Virtual migration in tethered flying monarch butterflies reveals their orientation mechanisms

Abstract

A newly developed flight simulator allows monarch butterflies to fly actively for up to several hours in any horizontal direction while their fall migratory flight direction can be continuously recorded. From these data, long segments of virtual flight paths of tethered, flying, migratory monarch butterflies were reconstructed, and by advancing or retarding the butterflies' circadian clocks, we have shown that they possess a time-compensated sun compass. Control monarchs on local time fly approximately southwest, those 6-h time-advanced fly southeast, and 6-h time-delayed butterflies fly in northwesterly directions. Moreover, butterflies flown in the same apparatus under simulated overcast in natural magnetic fields were randomly oriented and did not change direction when magnetic fields were rotated. Therefore, these experiments do not provide any evidence that monarch butterflies use a magnetic compass during migration.

Figure 1

(A) Schematic drawing of the flight simulator, the details of which are described in Materials and Methods. The translucent Plexiglas sky was used only in indoor experiments to simulate complete cloud cover. For clarity reasons, the overcast simulation is drawn higher above the apparatus than it was actually placed. (B–D) Examples of how the time resolution in our simulator data can be used to recreate the virtual path flown by the butterfly, compared with normal circular histograms of the same data. All virtual flight paths start in the center of the diagram and are directed toward the periphery. North is up. Units ≈1 m (1/5 s at speed 18 km/h). See text for details. Circular histograms show the orientation data accumulated from the periphery of the circle toward the center represented in the appropriate compass direction (north at top).

Figure 2

Monarch orientation in a flight simulator. (A) Under natural sunny skies (control), monarchs oriented toward southwest (n = 17, α = 225°, r = 0.83), consistent with the location of their Mexican wintering quarter. Butterflies clock-shifted −6 h (B) shifted their orientation toward southeast (n = 13, α = 136°, r = 0.62), and those clock-shifted +6 h (C) oriented northwest (n = 11, α = 335°, r = 0.80). These results are consistent with monarchs' use of a time-compensated sun compass. Butterflies tested under simulated overcast conditions (translucent Plexiglas cover) (D) were not significantly oriented (n = 18, r = 0.21, P = 0.46), suggesting that they were unable to use the natural magnetic field for orientation (see also Fig. 3). (Upper) The circular diagrams show the mean orientations for individuals and group mean vectors. ●, Mean orientation of each actively flapping individual. ○, Mean orientation of the four gliding individuals. ↑, The sample mean vector.

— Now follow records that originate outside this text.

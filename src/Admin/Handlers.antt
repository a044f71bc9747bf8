-- ===== src/Admin/Handlers.antt =====
-- The handlers of POSTs on their own: internal/admin/admin.go over internal/exchange.
use fix_session_lab.Base.{
  ◌≡◌, refl, sym, ap, ◌∙◌, inl, inr, true, false, not, [], Option, none, some, ite,
}
use fix_session_lab.Admin.{
  Response, answer, param_error, command_error, text_of, flag_of, number_of, conclude, fill_params,
  serve_fill, partial_params, serve_partial, serve_cancel, serve_reject, serve_silence,
  serve_reject_logon, logon_reason, serve_cancel_all, status_ok, status_conflict,
  status_bad_request,
}
use fix_session_lab.Admin.Asked.{
  given, is_off, commands, meaning, fault, first_fault-bad, first_fault-good, refusal, said,
  meaning-event, fault-first_fault,
}
use fix_session_lab.Admin.Params.{Request, query_get, or_default, ParamError, required}
use fix_session_lab.Admin.Reads.{str_cases, dec_cases, or_default-given}
use fix_session_lab.Base.Lists.{if◌then◌else◌}
use fix_session_lab.Base.Map.{lookup}
use fix_session_lab.Base.Text.{codes, text_dec}
use fix_session_lab.Book.{Error}
use fix_session_lab.Book.View.{IsWellFormed}
use fix_session_lab.Deps.{Deps}
use fix_session_lab.Exchange.{App}
use fix_session_lab.Exchange.Commands.{set_silenced, set_reject_logons}
use fix_session_lab.Exchange.Reports.{cancel_all_open_day}
use fix_session_lab.Exchange.Events.{
  Event, fills, fills_part, cancels_one, rejects_one, cancels_all, silences, react,
}
use fix_session_lab.Exchange.MassCancel.{cancel_all_open_day-MassCanceled}
use fix_session_lab.Exchange.Updates.{
  Ends, refused, done, partial-Ends, fill-Ends, cancel-Ends, reject-Ends,
}
use fix_session_lab.Order.{ExecType}

module _ ⦃L : Deps⦄ where
  -- How a POST to the path of a command is answered: the event that it is took place, or the venue
  -- refused it, or it is none for a fault in its parameters.
  pub data Answered (a : App) (r : Request) (q : App × Response) : Type 0 where
    does :
        (e : Event)
        → meaning r ≡ some e
        → refusal a e ≡ none
        → q ≡ (react a e, answer status_ok (said a e))
        → Answered a r q
    conflicts :
        (e : Event) (x : Error L.Decimal)
        → meaning r ≡ some e
        → refusal a e ≡ some x
        → q ≡ (a, answer status_conflict (command_error x))
        → Answered a r q
    faulty :
        (x : ParamError)
        → r.method ≡ codes "POST"
        → fault r ≡ some x
        → meaning r ≡ none
        → q ≡ (a, answer status_bad_request (param_error x))
        → Answered a r q

  conclude-Answered :
      (a : App) (r : Request) (x : ExecType) (c : App × Option (Error L.Decimal)) (e : Event)
      → Ends a x c
      → c ≡ (react a e, refusal a e)
      → meaning r ≡ some e
      → Answered a r (conclude c (said a e))
  unfolding conclude
  conclude-Answered a r x c e (refused er p) same means =
      conflicts e er means (ap (λ (d : App × Option (Error L.Decimal)). d.1) (sym same ∙ p))
        (rw p refl)
  conclude-Answered a r x c e (done b o report ch t p) same means =
      does e means (ap (λ (d : App × Option (Error L.Decimal)). d.1) (sym same ∙ p)) (
        rw p (
          ap (λ (b : App). (b, answer status_ok (said a e)))
            (ap (λ (d : App × Option (Error L.Decimal)). d.0) (sym p ∙ same))))

  pub serve_cancel-Answered :
      (a : App) (r : Request)
      → IsWellFormed a.book
      → r.method ≡ codes "POST"
      → r.path ≡ codes "/admin/cancel"
      → Answered a r (serve_cancel a r)
  unfolding serve_cancel react refusal said commands lookup text_dec
  serve_cancel-Answered a r w post at = elim (str_cases r (codes "clordid")) [
    | inl (id, e, e', e'') ↦
        rw (e, or_default-given r (codes "reason") (codes "cancelled by venue"), serve_cancel)
          (conclude-Answered a r ExecType.canceled _
            (cancels_one id (given r (codes "reason") (codes "cancelled by venue")))
            (cancel-Ends a id _ w) refl (meaning-event r _ _ post at refl ∙ rw e' refl))
    | inr (e, e', e'') ↦
        rw (e, serve_cancel)
          (faulty (required (codes "clordid")) post
            (fault-first_fault r _ _ at refl ∙ first_fault-bad r _ _ _ e'')
            (meaning-event r _ _ post at refl ∙ rw e' refl) refl)
  ]

  pub serve_reject-Answered :
      (a : App) (r : Request)
      → IsWellFormed a.book
      → r.method ≡ codes "POST"
      → r.path ≡ codes "/admin/reject"
      → Answered a r (serve_reject a r)
  unfolding serve_reject react refusal said commands lookup text_dec
  serve_reject-Answered a r w post at = elim (str_cases r (codes "clordid")) [
    | inl (id, e, e', e'') ↦
        rw (e, or_default-given r (codes "reason") (codes "rejected by venue"), serve_reject)
          (conclude-Answered a r ExecType.rejected _
            (rejects_one id (given r (codes "reason") (codes "rejected by venue")))
            (reject-Ends a id _ w) refl (meaning-event r _ _ post at refl ∙ rw e' refl))
    | inr (e, e', e'') ↦
        rw (e, serve_reject)
          (faulty (required (codes "clordid")) post
            (fault-first_fault r _ _ at refl ∙ first_fault-bad r _ _ _ e'')
            (meaning-event r _ _ post at refl ∙ rw e' refl) refl)
  ]

  pub serve_fill-Answered :
      (a : App) (r : Request)
      → IsWellFormed a.book
      → r.method ≡ codes "POST"
      → r.path ≡ codes "/admin/fill"
      → Answered a r (serve_fill a r)
  unfolding serve_fill fill_params react refusal said commands lookup text_dec
  serve_fill-Answered a r w post at = elim (str_cases r (codes "clordid")) [
    | inr (e, e', e'') ↦
        rw (e, serve_fill, fill_params)
          (faulty (required (codes "clordid")) post
            (fault-first_fault r _ _ at refl ∙ first_fault-bad r _ _ _ e'')
            (meaning-event r _ _ post at refl ∙ rw e' refl) refl)
    | inl (id, e, e', e'') ↦ elim (dec_cases r (codes "px")) [
      | inr (x, f, f', f'') ↦
          rw (e, f, serve_fill, fill_params)
            (faulty x post
              (fault-first_fault r _ _ at refl
                ∙ first_fault-good r _ _ _ e''
                ∙ first_fault-bad r _ _ _ f'')
              (meaning-event r _ _ post at refl ∙ rw (e', f') refl) refl)
      | inl (px, f, f', f'') ↦
          rw (e, f, serve_fill, fill_params)
            (conclude-Answered a r ExecType.trade _ (fills id px) (fill-Ends a id px w) refl
              (meaning-event r _ _ post at refl ∙ rw (e', f') refl))
    ]
  ]

  pub serve_partial-Answered :
      (a : App) (r : Request)
      → IsWellFormed a.book
      → r.method ≡ codes "POST"
      → r.path ≡ codes "/admin/partial"
      → Answered a r (serve_partial a r)
  unfolding serve_partial partial_params react refusal said commands lookup text_dec
  serve_partial-Answered a r w post at = elim (str_cases r (codes "clordid")) [
    | inr (e, e', e'') ↦
        rw (e, serve_partial, partial_params)
          (faulty (required (codes "clordid")) post
            (fault-first_fault r _ _ at refl ∙ first_fault-bad r _ _ _ e'')
            (meaning-event r _ _ post at refl ∙ rw e' refl) refl)
    | inl (id, e, e', e'') ↦ elim (dec_cases r (codes "qty")) [
      | inr (x, f, f', f'') ↦
          rw (e, f, serve_partial, partial_params)
            (faulty x post
              (fault-first_fault r _ _ at refl
                ∙ first_fault-good r _ _ _ e''
                ∙ first_fault-bad r _ _ _ f'')
              (meaning-event r _ _ post at refl ∙ rw (e', f') refl) refl)
      | inl (qty, f, f', f'') ↦ elim (dec_cases r (codes "px")) [
        | inr (x, g, g', g'') ↦
            rw (e, f, g, serve_partial, partial_params)
              (faulty x post
                (fault-first_fault r _ _ at refl
                  ∙ first_fault-good r _ _ _ e''
                  ∙ first_fault-good r _ _ _ f''
                  ∙ first_fault-bad r _ _ _ g'')
                (meaning-event r _ _ post at refl ∙ rw (e', f', g') refl) refl)
        | inl (px, g, g', g'') ↦
            rw (e, f, g, serve_partial, partial_params)
              (conclude-Answered a r ExecType.trade _ (fills_part id qty px)
                (partial-Ends a id qty px w) refl
                (meaning-event r _ _ post at refl ∙ rw (e', f', g') refl))
      ]
    ]
  ]

  is_off_lem :
      (r : Request)
      → ite (text_dec (query_get r.query (codes "on")) (codes "false")) false true ≡ not (is_off r)
  unfolding is_off
  is_off_lem r =
      elim (text_dec (query_get r.query (codes "on")) (codes "false"))
        as (λ d. ite d false true ≡ not (ite d true false)) [ yes e ↦ refl | no n ↦ refl ]

  pub serve_silence-Answered :
      (a : App) (r : Request)
      → r.method ≡ codes "POST"
      → r.path ≡ codes "/admin/silence"
      → Answered a r (serve_silence a r)
  unfolding serve_silence react refusal said commands lookup text_dec
  serve_silence-Answered a r post at =
      does (silences (not (is_off r))) (meaning-event r _ _ post at refl) refl (
        ap (λ on. (set_silenced a on, answer status_ok (flag_of (codes "silenced") on)))
          (is_off_lem r))

  logon_reason_lem :
      (r : Request)
      → logon_reason r
        ≡ (if is_off r then [] else given r (codes "reason") (codes "invalid credentials"))
  unfolding logon_reason is_off
  logon_reason_lem r =
      rw (sym (or_default-given r (codes "reason") (codes "invalid credentials")))
        (elim (text_dec (query_get r.query (codes "on")) (codes "false"))
          as (λ d.
            ite d [] (or_default (query_get r.query (codes "reason")) (codes "invalid credentials"))
            ≡ (if ite d true false
                then []
                else or_default (query_get r.query (codes "reason"))
                    (codes "invalid credentials"))) [ yes e ↦ refl | no n ↦ refl ])

  pub serve_reject_logon-Answered :
      (a : App) (r : Request)
      → r.method ≡ codes "POST"
      → r.path ≡ codes "/admin/reject-logon"
      → Answered a r (serve_reject_logon a r)
  unfolding serve_reject_logon react refusal said commands lookup text_dec
  serve_reject_logon-Answered a r post at = does _ (meaning-event r _ _ post at refl) refl (
      ap (λ t. (set_reject_logons a t, answer status_ok (text_of (codes "reject_logon_reason") t)))
        (logon_reason_lem r))

  pub serve_cancel_all-Answered :
      (a : App) (r : Request)
      → IsWellFormed a.book
      → r.method ≡ codes "POST"
      → r.path ≡ codes "/admin/cancel-all"
      → Answered a r (serve_cancel_all a r)
  unfolding serve_cancel_all react refusal said commands lookup text_dec
  serve_cancel_all-Answered a r w post at =
      let reason = given r (codes "reason") (codes "mass cancel by venue") in
      does (cancels_all reason) (meaning-event r _ _ post at refl) refl (
        rw (or_default-given r (codes "reason") (codes "mass cancel by venue"), serve_cancel_all)
          (ap
            (λ n. (
              (cancel_all_open_day a reason).0,
              answer status_ok (number_of (codes "cancelled") n),
            ))
            ((cancel_all_open_day-MassCanceled a reason w).counted)))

The length of the sample mean vectors, r, indicates the angular concentration of the samples. Dashed circles indicate required length of the sample mean vectors to obtain significance at 0.05 and 0.01 levels (Rayleigh test). (Lower) The diagrams show the virtual path flown by each butterfly under the assumption of constant speed. (They all start in the center of the diagram and travel toward the periphery.) Distances have been normalized.

Figure 3

Normalized virtual tracks of 11 different butterflies tested under simulated overcast conditions in a Helmholtz coil system. The tracks are drawn so that the overall mean direction of each track is from left to right; i.e., the butterflies start at the left and end at the right side. Blue traces show the virtual path flown in the unchanged geomagnetic field, whereas the red traces show the same butterfly's orientation with magnetic north turned 120° clockwise to southeast.